É de Ferreira Gullar a frase lapidar: "A arte existe porque a vida não basta". Leio em o Popular (jornal de maior circulação em Goiás) as celebrações pelos 30 anos do Projeto Martim Cererê. Na verdade o mais relevante movimento cultural goiano da década de 80.
Um projeto plantado em caixas dágua abandonadas no Setor Sul em Goiânia o que lhe emprestava certa imagem lúdica na interpretação. Teatro, poesia, artes plásticas, música, cabaré. Tudo ali nos teatros Ygua e Pygua. Uma revolução liderada por Marcus Fayad, um diretor de teatro goiano que trocou a Globo pela instalação do Martim Cererê.
Dali saíram atores e atrizes que fizeram carreira na própria Globo (Ingrid Guimarães está aí).
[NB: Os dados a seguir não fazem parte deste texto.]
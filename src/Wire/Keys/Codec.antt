-- ===== src/Wire/Keys/Codec.antt =====
-- The functions. A result is the bytes written, or the value with the number of bytes read.
use libotrv.Prelude.{
  ℕ, ◌+◌, ◌-◌, Option, none, some, [], ◌∷◌, ltb, leb, ◌==◌, if◌then◌else◌, length, take, drop,
  Bytes, ◌>>=◌, ◌>>◌, require,
}
use libotrv.Crypto.{Goldilocks, Gcrypt, point_bytes, mod_len_bytes, dh_mpi_max_bytes}
use libotrv.Wire.Serialize.{serialize_data}
use libotrv.Wire.Deserialize.{deserialize_uint32}

module _ (g : Goldilocks) where
  open g use {Point, encode, decode, scalar_one, scalar_halve, scalarmul}

  unfoldable pub ec_point_encode : ℕ → Point → Option Bytes
  ec_point_encode len p = if ltb len point_bytes then none else some (encode p)

  -- `p = tmp_p * (1 / 4)`
  unfoldable pub ec_point_decode : Bytes → Option Point
  ec_point_decode enc =
      decode enc >>= λ tmp_p. some (scalarmul tmp_p (scalar_halve (scalar_halve scalar_one)))

  abbrev written : Option Bytes → Bytes
  written none = []
  written (some bytes) = bytes

  -- Where the point cannot be encoded nothing is written, and 0 is returned.
  unfoldable pub serialize_ec_point : Point → Bytes
  unfolding ec_point_encode
  serialize_ec_point p = written (ec_point_encode point_bytes p)

  unfoldable pub deserialize_ec_point : Bytes → Option Point
  deserialize_ec_point ser =
      if ltb (length ser) point_bytes then none else ec_point_decode (take point_bytes ser)

-- `otrng_mpi_s`; `bytes` is `none` for a null `data`.
pub record MpiData : Type 0 where
  pub len : ℕ
  pub bytes : Option Bytes

unfoldable pub mpi_set : Bytes → MpiData
mpi_set [] = record { len = 0; bytes = none }
mpi_set (b ∷ src) = record { len = length (b ∷ src); bytes = some (b ∷ src) }

unfoldable pub serialize_mpi : MpiData → Bytes
serialize_mpi m = serialize_data m.bytes m.len

-- `otr_mpi_read_len`: the length and the four bytes that it took.
unfoldable pub mpi_read_len : Bytes → Option (ℕ × ℕ)
mpi_read_len src = do
  (len, r) ← deserialize_uint32 src
  require (leb len (length src - r))
  some (len, r)

-- The number points into the buffer; `*read` counts the length field only.
unfoldable pub mpi_deserialize_no_copy : Bytes → Option (MpiData × ℕ)
mpi_deserialize_no_copy src = do
  (len, r) ← mpi_read_len src
  some (
    if len == 0
        then record { len = 0; bytes = none }
        else record { len = len; bytes = some (take len (drop r src)) },
    r,
  )

abbrev or_empty : Option Bytes → Bytes
or_empty none = []
or_empty (some bytes) = bytes

module _ (c : Gcrypt) where
  open c use {Mpi, print, scan, zero_mpi}

  abbrev null_or_zero : Option Mpi → Option Mpi
  null_or_zero none = none
  null_or_zero (some _) = some zero_mpi

  -- A null number is written as no byte.
  unfoldable pub dh_mpi_serialize : ℕ → Option Mpi → Option Bytes
  dh_mpi_serialize dst_len none = some []
  dh_mpi_serialize dst_len (some m) =
      if ltb dst_len (length (print m)) then none else some (print m)

  -- The first argument is `*dst` before the call: at a length of 0 the number that it points to is
  -- set to 0, and a null pointer stays null. Then `*nread` is not written, and is 0 in the caller.
  unfoldable pub dh_mpi_deserialize : Option Mpi → MpiData → Option (Option Mpi × ℕ)
  dh_mpi_deserialize dst m =
      if m.len == 0
      then some (null_or_zero dst, 0)
      else scan (or_empty m.bytes) >>= λ (n, w). some (some n, w)

  unfoldable pub serialize_dh_mpi_otr : ℕ → Option Mpi → Option Bytes
  serialize_dh_mpi_otr dst_len mpi = do
    require (leb dh_mpi_max_bytes dst_len)
    buffer ← dh_mpi_serialize mod_len_bytes mpi
    some (serialize_mpi (mpi_set buffer))

  unfoldable pub deserialize_dh_mpi_otr : Option Mpi → Bytes → Option (Option Mpi × ℕ)
  deserialize_dh_mpi_otr dst buffer = do
    (mpi, r) ← mpi_deserialize_no_copy buffer
    (n, w) ← dh_mpi_deserialize dst mpi
    some (n, w + 4)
Viajaram o mundo com a fantástica peça Martim Cererê. Vai demorar aparecer projeto igual e com tamanha dimensão e qualidade. Uma mudança de conceitos no teatro de Otavinho Arantes, Cici Pinheiro, João Bênio ou Hugo Zorzetti.
Nas celebrações, a lembrança dos poemas nos muros. Digo lembranças e não saudade, tomando emprestado de Mário Lago, que não podemos querer de volta o que o tempo não nos trará.
E ali no muro, o poema Feridas, de José Sebastião Pinheiro (que já honrou-me com o prefácio de alguns dos seus livros de poemas publicados). Boas lembranças daquela efervescência cultural que acompanhei por dentro. Seja como ator (Grupo de Teatro Opinião/Grupo Êta Nóis) ou como notívago mesmo, no aconchego musical dos barzinhos do projeto.
Deixei o teatro e busco na literatura e jornalismo o que a vida não me concede. Tião Pinheiro, mais resistente, segue, como Ferreira Gullar, fazendo arte poética porque a vida apenas não lhe basta.
Com parcerias maravilhosas na música (canções gravadas por Paulinho Pedra Azul, Osvaldo Montenegro e tantos outros goianos e tocantinenses), se entrega no fechamento do seu sexto livro de poemas que considera, mais por amadurecimento do que pela relação numérica, mais conciso e denso. E, antes de tudo, humano, demasiadamente humano como ele próprio o é.
Tião Pinheiro – que fazia arte poética antes do Martim Cererê – depois dele, não saiu dele. E continua, como no poema de mais de três décadas no muro, "tentando o perfume da flor". Por que a vida só literalmente não lhe basta.